Problem details »
Go through the data below. List every line that holds the word "index".

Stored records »

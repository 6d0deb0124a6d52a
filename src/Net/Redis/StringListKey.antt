-- ===== src/Net/Redis/StringListKey.antt =====
-- afl/net/redis/stringlistkey.cpp: a key that holds a list of strings.
use afl.Base.{List, [], ◌∷◌}
use afl.Base.Int.{ℤ, pos, negsuc}
use afl.Base.Str.{Str, bytes}
use afl.Data.Value.{string, integer}
use afl.Data.Access.{to_string_list}
use afl.Net.Handler.{CommandHandler, Calls, call_int, call_string, finish}

module _ {S : Type 0} (ch : CommandHandler S) (name : Str) where
  -- `operator[]`
  abbrev pub at : ℤ → Calls S Str
  at index = call_string ch (string (bytes "LINDEX") ∷ string name ∷ integer index ∷ [])

  abbrev pub pop_front : Calls S Str
  pop_front = call_string ch (string (bytes "LPOP") ∷ string name ∷ [])

  abbrev pub push_front : Str → Calls S ℤ
  push_front value = call_int ch (string (bytes "LPUSH") ∷ string name ∷ string value ∷ [])

  abbrev pub pop_back : Calls S Str
  pop_back = call_string ch (string (bytes "RPOP") ∷ string name ∷ [])

  abbrev pub push_back : Str → Calls S ℤ
  push_back value = call_int ch (string (bytes "RPUSH") ∷ string name ∷ string value ∷ [])

  abbrev pub set : ℤ → Str → Calls S (Unit {0})
  set index value =
      ch.call_void (string (bytes "LSET") ∷ string name ∷ integer index ∷ string value ∷ [])

  abbrev pub remove_value : Str → ℤ → Calls S ℤ
  remove_value value count =
      call_int ch (string (bytes "LREM") ∷ string name ∷ integer count ∷ string value ∷ [])

  -- `other` is the name of the other key.
  abbrev pub transfer_element : Str → Calls S Str
  transfer_element other =
      call_string ch (string (bytes "RPOPLPUSH") ∷ string name ∷ string other ∷ [])

  -- `getRange`; the list that is given starts empty.
  abbrev pub get_range : ℤ → ℤ → Calls S (List Str)
  get_range start stop =
      finish (ch.call (string (bytes "LRANGE") ∷ string name ∷ integer start ∷ integer stop ∷ []))
        to_string_list

  abbrev pub get_all : Calls S (List Str)
  get_all = get_range (pos 0) (negsuc 0)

Solution to this exercise »
  at index = call_string ch (string (bytes "LINDEX") ∷ string name ∷ integer index ∷ [])
  set index value =
      ch.call_void (string (bytes "LSET") ∷ string name ∷ integer index ∷ string value ∷ [])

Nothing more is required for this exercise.